# New way to call birds



## CaseyMack (Jan 18, 2013)

While hunting in Missouri last week I realized I may have accidentally discovered new goose calling technique. My MP3 player was sounding out a Snows on the Prairie track when 4 blues decided to give our spread a look. As they were 400 yards out and locking up my ecaller switched to a music track from mp3 (I apparently hit a misc button rather than playlist). Anyway, I couldn't find the remote in time and now birds were at 200 yards and really coming in hard. I thought "what the hell" and let um keep coming. They finished in the hole and my buddy and I cleaned up all 4 with Cold Play's " viva la vida." Just wondering what a little ACDC "Highway to Hell" or maybe some country music may do? May be on to something here :lol:


----------



## sdkylesd (Feb 23, 2012)

Had a groups of 4 juvies decoy to 20 yards today and a bunch of others working with our red four wheeler and us standing outside our blinds right by it


----------



## CaseyMack (Jan 18, 2013)

Gotta love dumb birds with tunnel vision.
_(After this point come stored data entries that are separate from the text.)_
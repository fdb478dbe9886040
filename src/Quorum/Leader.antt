-- ===== src/Quorum/Leader.antt =====
-- The leader of the count has the most votes.
use gridix_infra.Quorum.Hashes.{hash_eq, hash_eq_iff}
use gridix_infra.Models.Rows.{OutputHash}
use gridix_infra.Prelude.{
  [], ltb→ge, List, Bool, ◌≡◌, ℕ, any, false, ◌∷◌, ◌≤◌, true, arith, Bool-cases, ltb, inr, inl,
  ltb→lt, refl,
}
use mathlib.Core.Path.{subst}
use gridix_infra.Quorum.{count, leader}

abbrev pub listed : OutputHash → List OutputHash → Bool
listed h = any (λ k. hash_eq k h)

pub count-not_listed :
    (h : OutputHash) (hs : List OutputHash) → listed h hs ≡ false → count h hs ≡ 0
count-not_listed h [] e = refl
count-not_listed h (k ∷ hs) e = ground (arith, count-not_listed h hs)

-- The leader has the count that goes with it, and nobody listed has a higher one.
pub leader_counts :
    (ballots hs : List OutputHash) (best : OutputHash × ℕ)
    → best.1 ≡ count best.0 ballots
    → (leader ballots hs best).1 ≡ count (leader ballots hs best).0 ballots
unfolding leader
leader_counts ballots [] best e = e
leader_counts ballots (h ∷ hs) best e = elim (Bool-cases (ltb best.1 (count h ballots))) [
  | inl up ↦ rw (leader, up) (leader_counts ballots hs (h, count h ballots) refl)
  | inr down ↦ rw (leader, down) (leader_counts ballots hs best e)
]

pub leader_rises :
    (ballots hs : List OutputHash) (best : OutputHash × ℕ) → best.1 ≤ (leader ballots hs best).1
unfolding leader
leader_rises ballots [] best = omega arith
leader_rises ballots (h ∷ hs) best = elim (Bool-cases (ltb best.1 (count h ballots))) [
  | inl up ↦
      rw (leader, up) (omega (arith, leader_rises ballots hs (h, count h ballots), ltb→lt _ _ up))
  | inr down ↦ rw (leader, down) (leader_rises ballots hs best)
]

pub leader_tops :
    (ballots hs : List OutputHash) (best : OutputHash × ℕ) (k : OutputHash)
    → listed k hs ≡ true
    → count k ballots ≤ (leader ballots hs best).1
unfolding leader
leader_tops ballots [] best k m = cc
leader_tops ballots (h ∷ hs) best k m = elim (Bool-cases (ltb best.1 (count h ballots))) [
  | inl up ↦
      rw (leader, up)
        (elim (Bool-cases (hash_eq h k)) [
          | inl same ↦
              subst (λ k. count k ballots ≤ (leader ballots hs (h, count h ballots)).1)
                ((hash_eq_iff h k).0 same) (leader_rises ballots hs (h, count h ballots))
          | inr other ↦ leader_tops ballots hs (h, count h ballots) k (ground (arith, m, other))
        ])
  | inr down ↦
      rw (leader, down)
        (elim (Bool-cases (hash_eq h k)) [
          | inl same ↦
              subst (λ k. count k ballots ≤ (leader ballots hs best).1) ((hash_eq_iff h k).0 same)
                (omega (arith, leader_rises ballots hs best, ltb→ge _ _ down))
          | inr other ↦ leader_tops ballots hs best k (ground (arith, m, other))
        ])
]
Heading out for a few days Wednesday. Hopefully more of those around!


----------



## sdkylesd (Feb 23, 2012)

If your in SD Wednesday that wind sounds nasty close to 30mph with stronger gusts


----------



## the professor (Oct 13, 2006)

I shot 2 ross last spring while Rage Against the Machine's "bulls on parade" was blaring on the ecaller. 8)


----------